Configurations can be composed via inheritance

>>> ConfInherit = make_config(c=2, bases=(Conf2, Conf1))
>>> pp(ConfInherit)
a: ???
b: ???
unit: ???
data:
- -10
- -20
c: 2
>>> issubclass(ConfInherit, Conf1) and issubclass(ConfInherit, Conf2)  # type: ignore
True

Support for Additional Types

Types like complex and pathlib.Path are automatically supported by hydra-zen.

>>> ConfWithComplex = make_config(a=1+2j)
>>> pp(ConfWithComplex)
a:
  real: 1.0
  imag: 2.0
  _target_: builtins.complex

See Auto-Config Support for Additional Types via hydra-zen for a complete list of supported types.

Using ZenField to Provide Type Information

The ZenField class can be used to include a type-annotation in association with a field.

>>> from hydra_zen import ZenField as zf
>>> ProfileConf = make_config(username=zf(str), age=zf(int))
>>> # signature: ProfileConf(username: str, age: int)
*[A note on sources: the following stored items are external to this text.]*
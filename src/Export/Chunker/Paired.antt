-- ===== src/Export/Chunker/Paired.antt =====
-- The chunker of openvtld/internal/export/tarchunk.go calls its encoder and its file where they are set.
use open_vtl.Prelude.{
  ℕ, zero, suc, ◌-◌, ◌≡◌, refl, String, Bool, true, false, Option, none, some, List, [], ◌∷◌, min,
  length, take, leb, Bool-cases, inl, inr, ◌==◌,
}
use open_vtl.Export.Chunker.{
  Host, Attempt, done, failed, Fault, error, panicked, raised, Chunker, count_write, Outcome,
  Progress, open_chunk, open_file, set_encoder, close_chunk, close_parts, after_enc_close,
  after_file_close, deliver, feed, feed_with, feed_opened, ensure_open, stage, boundary, next_chunk,
  finish_window, count_part, write_piece, write_loop, resume,
}

-- An open staging file has its encoder.
abbrev pub is_paired : {E : Type 0} → Option String → Option E → Bool
is_paired none enc = true
is_paired (some path) none = false
is_paired (some path) (some enc) = true

-- There are a staging file and its encoder.
abbrev is_open : {E : Type 0} → Option String → Option E → Bool
is_open none enc = false
is_open (some path) none = false
is_open (some path) (some enc) = true

module _ (h : Host) where
  open h use {World, Encoder}

  abbrev pub Paired : Chunker h → Type 0
  Paired c = is_paired c.f c.enc ≡ true

  abbrev Open : Chunker h → Type 0
  Open c = is_open c.f c.enc ≡ true

  -- A step that does not panic, and what holds after it unless it fails.
  abbrev pub Safely : (Chunker h → Type 0) → Outcome h → Type 0
  Safely P (some panicked, c, w) = ⊥
  Safely P (some (error e), c, w) = Unit {0}
  Safely P (none, c, w) = P c

  raised-Safely :
      (P : Chunker h → Type 0) (e : Option Fault) (c : Chunker h) (w : World)
      → P c
      → Safely P (raised e, c, w)
  raised-Safely P none c w p = p
  raised-Safely P (some e) c w p = tt

  set_encoder-Safely :
      (path : String) (c : Chunker h) (r : Attempt Encoder × World)
      → c.f ≡ some path
      → Safely Open (set_encoder h path c r)
  unfolding set_encoder
  set_encoder-Safely path c (failed e, w) f = tt
  set_encoder-Safely path c (done enc, w) f = rw f refl

  open_file-Safely : (c : Chunker h) (r : Attempt String × World) → Safely Open (open_file h c r)
  unfolding open_file
  open_file-Safely c (failed e, w) = tt
  open_file-Safely c (done path, w) = set_encoder-Safely path _ (h.new_writer w) refl

  ensure_open-Safely :
      (f : Option String) (c : Chunker h) (w : World)
      → c.f ≡ f
      → Paired c
      → Safely Open (ensure_open h f c w)
  unfolding ensure_open open_chunk
  ensure_open-Safely none c w f p = open_file-Safely c (h.create_temp w)
  ensure_open-Safely (some path) c w f p = opened path c.enc (rw f at p)
    where
      opened :
          (path : String) (enc : Option Encoder)
          → is_paired (some path) enc ≡ true
          → is_open c.f enc ≡ true
      opened path none p = absurd cc
      opened path (some enc) p = rw f refl

  feed_with-Safely :
      (f : Option String) (enc : Option Encoder) (part : List ℕ) (c : Chunker h) (w : World)
      → c.f ≡ f
      → is_open f enc ≡ true
      → Safely Open (feed_with h enc part c w)
  unfolding feed_with count_write
  feed_with-Safely none enc part c w f o = absurd cc
  feed_with-Safely (some path) none part c w f o = absurd cc
  feed_with-Safely (some path) (some enc) part c w f o =
      raised-Safely Open (h.enc_write enc part w).2 _ _ (rw f refl)

  feed_opened-Safely :
      (part : List ℕ) (o : Outcome h) → Safely Open o → Safely Open (feed_opened h part o)
  unfolding feed_opened feed
  feed_opened-Safely part (some panicked, c, w) o = o
  feed_opened-Safely part (some (error e), c, w) o = tt
  feed_opened-Safely part (none, c, w) o = feed_with-Safely c.f c.enc part c w refl o

  -- After the first block of a round: the file and the encoder are there, if the window is not skipped.
  abbrev Staging : Chunker h → Type 0
  Staging c = Paired c × (leb c.skip_until c.idx ≡ true → Open c)

  Open-Paired :
      (f : Option String) (enc : Option Encoder) → is_open f enc ≡ true → is_paired f enc ≡ true
  Open-Paired none enc o = refl
  Open-Paired (some path) none o = o
  Open-Paired (some path) (some enc) o = refl

  Open-Staging : (o : Outcome h) → Safely Open o → Safely Staging o
  Open-Staging (some panicked, c, w) o = o
  Open-Staging (some (error e), c, w) o = tt
  Open-Staging (none, c, w) o = (Open-Paired c.f c.enc o, λ _. o)

  stage-Safely :
      (part : List ℕ) (c : Chunker h) (w : World) → Paired c → Safely Staging (stage h part c w)
  unfolding stage
  stage-Safely part c w p = elim (Bool-cases (leb c.skip_until c.idx)) [
    | inl here ↦ rw here (
        Open-Staging (feed_opened h part (ensure_open h c.f c w))
          (feed_opened-Safely part (ensure_open h c.f c w) (ensure_open-Safely c.f c w refl p)))
    | inr skipped ↦ rw skipped (p, λ here. absurd cc)
  ]

  after_file_close-Safely :
      (path : String) (c : Chunker h) (r : Option Fault × World)
      → Safely Paired (after_file_close h path c r)
  unfolding after_file_close deliver
  after_file_close-Safely path c (some e, w) = tt
  after_file_close-Safely path c (none, w) = raised-Safely Paired _ _ _ refl

  after_enc_close-Safely :
      (path : String) (c : Chunker h) (r : List ℕ × Option Fault × World)
      → Safely Paired (after_enc_close h path c r)
  unfolding after_enc_close
  after_enc_close-Safely path c (out, some e, w) = tt
  after_enc_close-Safely path c (out, none, w) =
      after_file_close-Safely path _ (h.file_close path w)

  close_parts-Safely :
      (f : Option String) (enc : Option Encoder) (c : Chunker h) (w : World)
      → is_open f enc ≡ true
      → Safely Paired (close_parts h f enc c w)
  unfolding close_parts
  close_parts-Safely none enc c w o = absurd cc
  close_parts-Safely (some path) none c w o = absurd cc
  close_parts-Safely (some path) (some enc) c w o =
      after_enc_close-Safely path c (h.enc_close enc w)

  finish_window-Safely :
      (c : Chunker h) (w : World) → Staging c → Safely Paired (finish_window h c w)
  unfolding finish_window close_chunk
  finish_window-Safely c w (p, o) = elim (Bool-cases (leb c.skip_until c.idx)) [
    | inl here ↦ rw here (close_parts-Safely c.f c.enc c w (o here))
    | inr skipped ↦ rw skipped p
  ]

  next_chunk-Safely : (o : Outcome h) → Safely Paired o → Safely Paired (next_chunk h o)
  unfolding next_chunk
  next_chunk-Safely (some panicked, c, w) o = o
  next_chunk-Safely (some (error e), c, w) o = tt
  next_chunk-Safely (none, c, w) o = o

  boundary-Safely : (c : Chunker h) (w : World) → Staging c → Safely Paired (boundary h c w)
  unfolding boundary
  boundary-Safely c w s = elim (Bool-cases (c.cur_raw == c.raw_per_chunk)) [
    | inl full ↦ rw full (next_chunk-Safely (finish_window h c w) (finish_window-Safely c w s))
    | inr more ↦ rw more s.0
  ]

  -- What the rounds of `Write` leave.
  abbrev pub SafeRun : Progress h → Type 0
  SafeRun r = Safely Paired (r.1, r.2, r.3)

  count_part-Safely :
      (p : List ℕ) (n : ℕ) (o : Outcome h) → Safely Staging o → SafeRun (count_part h p n o)
  unfolding count_part
  count_part-Safely p n (some panicked, c, w) o = o
  count_part-Safely p n (some (error e), c, w) o = tt
  count_part-Safely p n (none, c, w) o = boundary-Safely _ w o

  write_piece-Safely :
      (p : List ℕ) (c : Chunker h) (w : World) → Paired c → SafeRun (write_piece h p c w)
  unfolding write_piece
  write_piece-Safely p c w v =
      let n : ℕ = min (length p) (c.raw_per_chunk - c.cur_raw) in
      count_part-Safely p n (stage h (take n p) c w) (stage-Safely (take n p) c w v)

  abbrev pub SafeLoop : Option (Progress h) → Type 0
  SafeLoop none = Unit {0}
  SafeLoop (some r) = SafeRun r

  resume-Safely :
      (again : List ℕ → Chunker h → World → Option (Progress h))
      → ((q : List ℕ) (c : Chunker h) (w : World) → Paired c → SafeLoop (again q c w))
      → (r : Progress h) → SafeRun r
      → SafeLoop (resume h again r)
  unfolding resume
  resume-Safely again ih (p, some e, c, w) s = s
  resume-Safely again ih (p, none, c, w) s = ih p c w s

  -- The loop of `Write` does not panic.
  pub write_loop-Safely :
      (fuel : ℕ) (p : List ℕ) (c : Chunker h) (w : World)
      → Paired c
      → SafeLoop (write_loop h fuel p c w)
  unfolding write_loop
  write_loop-Safely fuel [] c w v = v
  write_loop-Safely zero (x ∷ p) c w v = tt
  write_loop-Safely (suc fuel) (x ∷ p) c w v =
      resume-Safely (write_loop h fuel) (write_loop-Safely fuel) (write_piece h (x ∷ p) c w)
        (write_piece-Safely (x ∷ p) c w v)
Providing type annotations is optional, but doing so enables Hydra to perform checks at runtime to ensure that a configured value matches its associated type [4].

>>> pp(ProfileConf(username="piro", age=False))  # age should be an integer
<ValidationError: Value 'False' could not be converted to Integer>

These default values can be provided alongside type annotations

>>> C = make_config(age=zf(int, 0))  # signature: C(age: int = 0)

ZenField can also be used to specify fields_as_args; here, field names must be specified as well.

>>> C2 = make_config(zf(name="username", hint=str), age=zf(int, 0))
>>> # signature: C2(username: str, age: int = 0)

See Runtime Data Validation for more general data validation capabilities via hydra-zen.